The starting materials followed starting materials (which term also includes intermediates) and the description of its _{synthesis, R1, R2, R3, R4} , X 1, X 2, X 3, X 4, R11, D, E, y, z and PG have the meanings given above or in the examples for each starting material or intermediate, unless otherwise indicated directly or from an aspect. Unless otherwise stated, protecting groups are introduced in appropriate steps and used to prevent undesired functional groups from participating in the reaction in the reaction step or steps to which the reaction corresponds. The method for its introduction and its removal can be as described above or below, for example as described in the references mentioned under “General process conditions”. One skilled in the art can easily determine whether a protecting group is useful or necessary, which protecting group is useful or necessary, and at what stage it is appropriate to introduce, exchange and / or remove the protecting group .

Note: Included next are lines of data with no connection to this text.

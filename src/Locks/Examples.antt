-- ===== src/Locks/Examples.antt =====
-- Runs of src/lib/locks.c.
use turris_updater.Base.{refl, true, [], ◌∷◌, some, codes}
use turris_updater.Locks.Lock.{Acquisition, unlock, close, lua_acquire}
use turris_updater.Locks.Balanced.{EndsWith, lua_acquire-undoing}

abbrev granted : Acquisition
granted = record { created = some 5; cloexec = true; got_lock = true }

lua_acquire-undoing_example :
    EndsWith (unlock 5 ∷ close 5 ∷ []) 2 (lua_acquire granted (codes "/var/lock/opkg.lock")).lock
lua_acquire-undoing_example = lua_acquire-undoing granted (codes "/var/lock/opkg.lock") 2 refl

（式中、Ａｌｋはアルコールの部分、例えばメチルまたはエチルであり、そしてＰＧは保護基、特にｔｅｒｔ−ブトキシカルボニルである）
の化合物から、例えば水酸化カリウムまたはナトリウムのような塩基の存在下、適切な溶媒、例えば水性メタノールもしくはエタノールもしくはテトラヒドロフラン、またはその混合物中、高温例えば還流条件下で、加水分解により製造することができる。 A compound of formula II is for example represented by formula V:

Where Alk is an alcohol moiety, such as methyl or ethyl, and PG is a protecting group, especially tert-butoxycarbonyl.
Can be prepared by hydrolysis, for example, in the presence of a base such as potassium hydroxide or sodium, in a suitable solvent such as aqueous methanol or ethanol or tetrahydrofuran, or mixtures thereof at elevated temperatures such as reflux conditions. .

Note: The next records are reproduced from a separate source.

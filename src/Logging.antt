-- ===== src/Logging.antt =====
-- src/lib/logging.c: levels, messages for syslog and the error output, and the output of programs.
pub mod Levels
pub mod Messages
pub mod Output
pub mod Named
pub mod Collected
pub mod Examples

A compound of formula V (wherein each of D and E is hydrogen) is converted from the corresponding oxo compound of formula V (wherein D and E are together oxo) in a suitable solvent such as tetrahydrofuran. For example, by reduction with a suitable complex hydride such as BH ₃ / tetrahydrofuran at temperatures ranging from 0 to 50 ° C.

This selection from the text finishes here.